Ascorbate oxidation driven by PM₂.₅ -bound metal(loid)s extracted in an acidic simulated lung fluid in relation to their bioaccessibility

Abstract

The oxidative potential (OP) is defined as the ability of inhaled PM components to catalytically/non-catalytically generate reactive oxygen species (ROS) and deplete lung antioxidants. Although several studies have measured the OP of particulate matter (PM OP) soluble components using different antioxidants under neutral pH conditions, few studies have measured PM OP with acidic lung fluids. This study provides new insights into the use of acidic rather than neutral fluids in OP assays. Thus, the first aim of this study was to clarify the effect of using an acidic lung fluid on ascorbic acid (AA) depletion.

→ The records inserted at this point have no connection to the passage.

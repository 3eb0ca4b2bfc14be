-- ===== src/Engine/System/Numbers.antt =====
-- The sequence numbers, whatever the interleaving of the callers.
use order_matching_engine_ru.Prelude.{
  ℕ, suc, ◌+◌, ◌-◌, ◌^◌, ◌≤◌, ◌<◌, ◌≡◌, refl, ap, List, [], ◌∷◌, ◌++◌, ◌==◌, if◌then◌else◌, arith,
}
use order_matching_engine_ru.Core.Types.{Command, Sequenced}
use order_matching_engine_ru.Engine.Channel.{Channel}
use order_matching_engine_ru.Engine.Sequencer.{new_sequencer}
use order_matching_engine_ru.Engine.System.{
  System, init, numbered_by, pushed_to, popped_from, Step, number, push, refuse, take_next, Reach,
  begin, later,
}

-- How many commands of a list have a number.
abbrev pub count : ℕ → List Sequenced → ℕ
count q [] = 0
count q (c ∷ cs) = (if c.seq == q then 1 else 0) + count q cs

count-append : (q : ℕ) (xs ys : List Sequenced) → count q (xs ++ ys) ≡ count q xs + count q ys
count-append q [] ys = omega arith
count-append q (x ∷ xs) ys = ground (arith, count-append q xs ys)

module _ (K : Channel Sequenced) where
  -- Before the counter wraps: the numbers that were given out are those from 1, each at most once.
  record Numbered (s : System K) : Type 0 where
    next : s.handed < 2 ^ 64 - 1 → s.engine.sequencer.next_seq ≡ suc s.handed
    once : s.handed < 2 ^ 64 → (q : ℕ) → count q s.pending + count q s.accepted ≤ 1
    given : s.handed < 2 ^ 64 → (q : ℕ) → s.handed < q → count q s.pending + count q s.accepted ≡ 0

  count-remove :
      (q : ℕ) (before after : List Sequenced) (c : Sequenced)
      → count q (before ++ c ∷ after) ≡ count q (before ++ after) + (if c.seq == q then 1 else 0)
  count-remove q before after c =
      omega (arith, count-append q before (c ∷ after), count-append q before after)

  numbered_by-Numbered :
      (s : System K) (cmd : Command) (now : ℕ) → Numbered s → Numbered (numbered_by K cmd now s)
  unfolding numbered_by
  numbered_by-Numbered s cmd now v =
      let c : Sequenced = record { seq = s.engine.sequencer.next_seq; ts = now; cmd = cmd } in
      record {
        next = λ small. omega (arith, small, v.next (omega (arith, small)));
        once = λ small q. ground (
          arith,
          v.next (omega (arith, small)),
          v.once (omega (arith, small)) q,
          v.given (omega (arith, small)) q,
          count-append q s.pending (c ∷ []),
        );
        given = λ small q above. ground (
          arith,
          v.next (omega (arith, small)),
          v.given (omega (arith, small)) q (omega (arith, above)),
          count-append q s.pending (c ∷ []),
        );
      }

  pushed_to-Numbered :
      (s : System K) (before after : List Sequenced) (c : Sequenced) (ring : K.State)
      → s.pending ≡ before ++ c ∷ after
      → Numbered s
      → Numbered (pushed_to K c ring (before ++ after) s)
  unfolding pushed_to
  pushed_to-Numbered s before after c ring p v =
      let kept : (q : ℕ)
          → count q (before ++ after) + count q (s.accepted ++ c ∷ [])
            ≡ count q s.pending + count q s.accepted =
        λ q. omega (
          arith,
          ap (count q) p,
          count-remove q before after c,
          count-append q s.accepted (c ∷ []),
        ) in
      record {
        next = v.next;
        once = λ small q. omega (arith, kept q, v.once small q);
        given = λ small q above. omega (arith, kept q, v.given small q above);
      }

  refused-Numbered :
      (s : System K) (before after : List Sequenced) (c : Sequenced)
      → s.pending ≡ before ++ c ∷ after
      → Numbered s
      → Numbered (record s { pending = before ++ after })
  refused-Numbered s before after c p v = record {
    next = v.next;
    once = λ small q. omega (arith, ap (count q) p, count-remove q before after c, v.once small q);
    given = λ small q above.
        omega (arith, ap (count q) p, count-remove q before after c, v.given small q above);
  }

  popped_from-Numbered :
      (s : System K) (i : ℕ) (c : Sequenced) (ring : K.State)
      → Numbered s
      → Numbered (popped_from K i c ring s)
  unfolding popped_from
  popped_from-Numbered s i c ring v = record { next = v.next; once = v.once; given = v.given }

  Step-Numbered : {s t : System K} → Step K s t → Numbered s → Numbered t
  Step-Numbered (number s cmd now) v = numbered_by-Numbered s cmd now v
  Step-Numbered (push s before after c ring ring' p at sent) v =
      pushed_to-Numbered s before after c ring' p v
  Step-Numbered (refuse s before after c ring p at back) v = refused-Numbered s before after c p v
  Step-Numbered (take_next s i c ring ring' at got) v = popped_from-Numbered s i c ring' v

  init-Numbered : (n : ℕ) → Numbered (init K n)
  unfolding init new_sequencer
  init-Numbered n = record {
    next = λ small. refl;
    once = λ small q. omega arith;
    given = λ small q above. refl;
  }

  Reach-Numbered : (n : ℕ) {s : System K} → Reach K (init K n) s → Numbered s
  Reach-Numbered n begin = init-Numbered n
  Reach-Numbered n (later r st) = Step-Numbered st (Reach-Numbered n r)

  -- As long as fewer than 2 ^ 64 numbers were given out, no two commands that are on the way or were
  -- accepted have the same sequence number, however the callers interleave.
  pub Reach-once :
      (n : ℕ) {s : System K} (q : ℕ)
      → Reach K (init K n) s
      → s.handed < 2 ^ 64
      → count q s.pending + count q s.accepted ≤ 1
  Reach-once n q r small = (Reach-Numbered n r).once small q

This was achieved by measuring the oxidative potential (OP-AA) of individual compounds known to catalyze the AA oxidation (CuSO4, CuCl2, and 1,4-NQ) in artificial lysosomal fluid (ALF, pH 4.5), a commonly used acidic simulated lung fluid, and in a neutral fluid (phosphate-buffered saline (PBS1x), pH 7.4). Our results from these individual compounds showed a significant decrease of OP-AA in the acidic fluid (ALF) with respect to the neutral fluid (PBS). Then, the second aim of this work was to investigate whether the OP-AA assay could be applied to PM2.5 samples extracted in acidic conditions. For this purpose, OP-AA and bioaccessible concentrations of metal(loid)s (V, Mn, Fe, Ni, Cu, Zn, As, Mo, Cd, Sb, and Pb) of PM2.5 samples collected in an urban-industrial area that were extracted in ALF were analyzed. The mean volume-normalized OP (OP-AAv) value was 0.10 ± 0.07 nmol min−1 m−3, clearly lower than the values found in the literature at neutral pH. OP-AAv values were highly correlated with the ALF-bioaccessible concentration of most of the studied metal(loid)s, mainly with Cu and Fe.